Dataset Start Marker
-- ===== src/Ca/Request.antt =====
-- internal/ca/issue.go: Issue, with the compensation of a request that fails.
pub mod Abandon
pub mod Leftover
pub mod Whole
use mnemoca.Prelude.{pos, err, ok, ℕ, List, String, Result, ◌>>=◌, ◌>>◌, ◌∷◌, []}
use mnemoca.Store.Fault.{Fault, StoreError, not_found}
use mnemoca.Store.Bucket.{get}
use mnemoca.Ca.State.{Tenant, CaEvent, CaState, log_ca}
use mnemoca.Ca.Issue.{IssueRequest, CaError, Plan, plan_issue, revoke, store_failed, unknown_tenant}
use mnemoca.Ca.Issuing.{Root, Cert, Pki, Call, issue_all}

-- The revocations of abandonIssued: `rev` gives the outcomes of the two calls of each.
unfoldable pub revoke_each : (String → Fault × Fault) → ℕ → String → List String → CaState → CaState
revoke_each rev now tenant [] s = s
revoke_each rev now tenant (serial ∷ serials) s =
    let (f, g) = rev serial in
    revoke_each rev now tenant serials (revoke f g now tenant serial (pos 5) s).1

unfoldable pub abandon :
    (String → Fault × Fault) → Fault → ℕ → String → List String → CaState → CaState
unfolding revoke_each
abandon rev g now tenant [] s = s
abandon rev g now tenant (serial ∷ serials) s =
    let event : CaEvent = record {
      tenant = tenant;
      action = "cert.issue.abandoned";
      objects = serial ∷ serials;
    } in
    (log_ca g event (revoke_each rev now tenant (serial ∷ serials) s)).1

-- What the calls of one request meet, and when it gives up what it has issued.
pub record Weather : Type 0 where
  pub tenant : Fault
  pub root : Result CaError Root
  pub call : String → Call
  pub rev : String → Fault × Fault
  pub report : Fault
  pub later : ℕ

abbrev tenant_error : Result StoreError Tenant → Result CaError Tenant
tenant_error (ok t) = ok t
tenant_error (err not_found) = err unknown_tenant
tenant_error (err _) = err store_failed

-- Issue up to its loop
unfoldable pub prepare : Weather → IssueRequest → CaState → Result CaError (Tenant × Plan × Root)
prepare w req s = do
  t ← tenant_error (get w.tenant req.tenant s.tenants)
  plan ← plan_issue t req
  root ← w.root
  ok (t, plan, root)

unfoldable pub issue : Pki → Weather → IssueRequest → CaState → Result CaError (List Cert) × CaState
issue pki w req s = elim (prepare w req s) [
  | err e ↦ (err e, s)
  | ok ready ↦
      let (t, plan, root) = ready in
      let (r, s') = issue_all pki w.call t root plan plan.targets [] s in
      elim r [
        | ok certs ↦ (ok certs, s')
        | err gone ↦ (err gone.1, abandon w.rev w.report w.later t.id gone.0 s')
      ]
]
Dataset End Marker
Dataset Start Marker
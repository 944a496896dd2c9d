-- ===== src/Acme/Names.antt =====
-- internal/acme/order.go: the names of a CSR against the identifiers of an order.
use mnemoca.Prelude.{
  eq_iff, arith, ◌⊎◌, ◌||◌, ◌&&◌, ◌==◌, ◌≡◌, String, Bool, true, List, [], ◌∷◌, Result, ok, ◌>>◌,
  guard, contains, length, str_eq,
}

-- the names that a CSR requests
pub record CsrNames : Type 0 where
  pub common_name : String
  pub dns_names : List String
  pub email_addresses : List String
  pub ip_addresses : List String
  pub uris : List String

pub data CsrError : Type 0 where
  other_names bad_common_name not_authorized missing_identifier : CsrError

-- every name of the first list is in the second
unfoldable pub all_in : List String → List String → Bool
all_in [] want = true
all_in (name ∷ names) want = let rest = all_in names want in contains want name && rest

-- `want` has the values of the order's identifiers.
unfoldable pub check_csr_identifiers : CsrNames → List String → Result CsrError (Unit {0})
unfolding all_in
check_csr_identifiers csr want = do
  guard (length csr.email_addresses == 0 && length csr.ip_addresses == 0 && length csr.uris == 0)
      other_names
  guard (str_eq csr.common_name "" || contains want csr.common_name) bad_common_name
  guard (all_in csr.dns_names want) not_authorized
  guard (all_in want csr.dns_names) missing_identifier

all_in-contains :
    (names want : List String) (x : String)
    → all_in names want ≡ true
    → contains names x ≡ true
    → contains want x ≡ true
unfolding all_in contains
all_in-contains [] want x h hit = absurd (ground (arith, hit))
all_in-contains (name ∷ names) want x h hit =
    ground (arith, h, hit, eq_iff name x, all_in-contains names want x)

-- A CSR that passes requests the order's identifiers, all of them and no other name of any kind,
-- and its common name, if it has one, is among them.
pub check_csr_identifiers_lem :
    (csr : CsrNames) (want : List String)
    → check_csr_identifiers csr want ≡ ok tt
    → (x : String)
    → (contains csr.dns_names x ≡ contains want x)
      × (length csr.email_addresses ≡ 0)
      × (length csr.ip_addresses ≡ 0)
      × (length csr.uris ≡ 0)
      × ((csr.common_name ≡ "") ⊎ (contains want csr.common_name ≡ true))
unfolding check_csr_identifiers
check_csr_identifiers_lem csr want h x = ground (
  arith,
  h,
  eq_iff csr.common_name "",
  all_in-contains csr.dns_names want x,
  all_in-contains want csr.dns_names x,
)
Dataset End Marker
Dataset Start Marker
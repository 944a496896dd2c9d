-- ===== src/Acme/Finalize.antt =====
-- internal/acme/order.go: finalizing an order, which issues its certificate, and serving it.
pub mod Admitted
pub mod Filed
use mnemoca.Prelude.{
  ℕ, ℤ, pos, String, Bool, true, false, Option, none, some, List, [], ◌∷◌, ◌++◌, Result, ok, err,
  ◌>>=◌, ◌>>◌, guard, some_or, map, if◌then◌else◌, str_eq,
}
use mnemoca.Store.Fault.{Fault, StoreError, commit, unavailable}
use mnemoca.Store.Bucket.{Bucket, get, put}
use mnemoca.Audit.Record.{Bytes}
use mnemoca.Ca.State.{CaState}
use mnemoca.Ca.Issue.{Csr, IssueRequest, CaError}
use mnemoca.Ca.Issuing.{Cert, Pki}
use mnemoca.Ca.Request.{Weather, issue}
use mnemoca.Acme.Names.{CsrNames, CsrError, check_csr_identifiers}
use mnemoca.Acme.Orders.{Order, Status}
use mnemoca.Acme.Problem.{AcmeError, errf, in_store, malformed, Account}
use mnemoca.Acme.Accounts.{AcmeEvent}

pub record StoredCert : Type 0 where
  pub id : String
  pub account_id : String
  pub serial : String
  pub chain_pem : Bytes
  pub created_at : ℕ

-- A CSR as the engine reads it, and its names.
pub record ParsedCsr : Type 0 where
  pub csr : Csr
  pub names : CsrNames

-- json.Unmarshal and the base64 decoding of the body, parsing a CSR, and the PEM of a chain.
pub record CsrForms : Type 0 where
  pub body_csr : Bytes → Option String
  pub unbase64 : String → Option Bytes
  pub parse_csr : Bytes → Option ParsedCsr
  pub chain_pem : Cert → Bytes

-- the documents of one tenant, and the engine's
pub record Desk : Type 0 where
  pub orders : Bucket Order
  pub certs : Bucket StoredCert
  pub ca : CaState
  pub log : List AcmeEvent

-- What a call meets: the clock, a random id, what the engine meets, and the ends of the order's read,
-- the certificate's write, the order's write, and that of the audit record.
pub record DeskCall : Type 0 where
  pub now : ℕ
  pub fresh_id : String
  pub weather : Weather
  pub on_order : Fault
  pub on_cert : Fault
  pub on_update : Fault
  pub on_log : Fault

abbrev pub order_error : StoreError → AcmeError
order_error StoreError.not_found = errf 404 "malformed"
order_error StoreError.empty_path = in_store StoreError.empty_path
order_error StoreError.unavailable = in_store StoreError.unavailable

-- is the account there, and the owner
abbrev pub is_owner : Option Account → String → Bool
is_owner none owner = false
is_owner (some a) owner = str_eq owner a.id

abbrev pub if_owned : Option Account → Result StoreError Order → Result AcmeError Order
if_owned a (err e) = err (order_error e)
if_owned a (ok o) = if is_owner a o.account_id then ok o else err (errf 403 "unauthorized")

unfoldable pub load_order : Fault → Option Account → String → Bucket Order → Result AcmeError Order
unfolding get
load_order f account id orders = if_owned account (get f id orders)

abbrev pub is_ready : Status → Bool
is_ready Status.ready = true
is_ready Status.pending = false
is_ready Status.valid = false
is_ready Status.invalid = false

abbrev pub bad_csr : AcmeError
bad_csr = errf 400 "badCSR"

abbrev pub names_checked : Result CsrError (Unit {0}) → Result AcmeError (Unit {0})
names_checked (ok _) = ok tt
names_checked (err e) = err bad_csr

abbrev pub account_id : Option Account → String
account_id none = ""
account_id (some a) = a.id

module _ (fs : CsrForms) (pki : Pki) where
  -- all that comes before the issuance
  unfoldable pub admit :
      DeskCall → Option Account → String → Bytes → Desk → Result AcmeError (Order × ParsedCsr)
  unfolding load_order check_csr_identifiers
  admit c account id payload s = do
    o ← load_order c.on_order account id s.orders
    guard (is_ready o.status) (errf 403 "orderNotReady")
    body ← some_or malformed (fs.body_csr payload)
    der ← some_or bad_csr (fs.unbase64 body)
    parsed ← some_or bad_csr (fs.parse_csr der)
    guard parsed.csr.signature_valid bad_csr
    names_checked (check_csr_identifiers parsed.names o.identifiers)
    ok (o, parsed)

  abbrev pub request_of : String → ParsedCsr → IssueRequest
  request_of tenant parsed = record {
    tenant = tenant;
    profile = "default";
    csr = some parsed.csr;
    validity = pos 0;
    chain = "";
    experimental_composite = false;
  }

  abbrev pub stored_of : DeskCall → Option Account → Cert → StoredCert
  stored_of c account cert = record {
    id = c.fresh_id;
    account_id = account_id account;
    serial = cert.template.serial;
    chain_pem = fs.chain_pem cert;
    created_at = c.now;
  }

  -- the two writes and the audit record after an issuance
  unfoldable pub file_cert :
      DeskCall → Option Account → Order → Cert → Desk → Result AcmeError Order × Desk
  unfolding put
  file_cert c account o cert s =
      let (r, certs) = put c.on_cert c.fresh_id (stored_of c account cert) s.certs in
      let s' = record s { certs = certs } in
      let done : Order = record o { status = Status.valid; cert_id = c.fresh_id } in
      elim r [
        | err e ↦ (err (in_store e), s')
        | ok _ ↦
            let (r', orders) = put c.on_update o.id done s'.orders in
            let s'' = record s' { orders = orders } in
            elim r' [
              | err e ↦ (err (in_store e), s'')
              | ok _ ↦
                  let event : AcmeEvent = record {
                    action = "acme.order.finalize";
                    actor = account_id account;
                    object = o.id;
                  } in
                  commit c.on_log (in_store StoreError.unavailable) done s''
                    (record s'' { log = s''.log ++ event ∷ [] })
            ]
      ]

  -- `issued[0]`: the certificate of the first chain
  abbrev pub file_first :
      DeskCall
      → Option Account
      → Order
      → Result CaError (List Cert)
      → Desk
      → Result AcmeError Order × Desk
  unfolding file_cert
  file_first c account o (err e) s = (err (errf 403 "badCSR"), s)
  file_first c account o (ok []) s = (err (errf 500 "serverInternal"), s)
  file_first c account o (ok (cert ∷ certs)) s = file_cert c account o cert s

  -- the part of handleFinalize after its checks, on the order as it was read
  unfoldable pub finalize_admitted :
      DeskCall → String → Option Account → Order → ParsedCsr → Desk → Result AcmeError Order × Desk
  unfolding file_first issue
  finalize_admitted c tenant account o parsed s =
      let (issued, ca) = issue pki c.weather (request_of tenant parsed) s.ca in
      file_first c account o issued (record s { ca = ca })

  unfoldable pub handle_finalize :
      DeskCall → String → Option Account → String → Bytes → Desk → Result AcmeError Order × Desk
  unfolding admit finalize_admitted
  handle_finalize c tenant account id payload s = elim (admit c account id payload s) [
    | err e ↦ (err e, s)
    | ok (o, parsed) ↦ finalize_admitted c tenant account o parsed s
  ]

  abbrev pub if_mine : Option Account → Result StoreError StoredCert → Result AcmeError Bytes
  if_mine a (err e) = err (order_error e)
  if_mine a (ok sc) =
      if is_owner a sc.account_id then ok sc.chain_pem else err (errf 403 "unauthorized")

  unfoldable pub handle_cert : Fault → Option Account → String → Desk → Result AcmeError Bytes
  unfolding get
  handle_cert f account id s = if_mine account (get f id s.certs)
Dataset End Marker
#### What to work on:
Go through the listing above and find each line containing the string "badCSR"; copy those lines.

#### Final answer:
bad_csr = errf 400 "badCSR"
  file_first c account o (err e) s = (err (errf 403 "badCSR"), s)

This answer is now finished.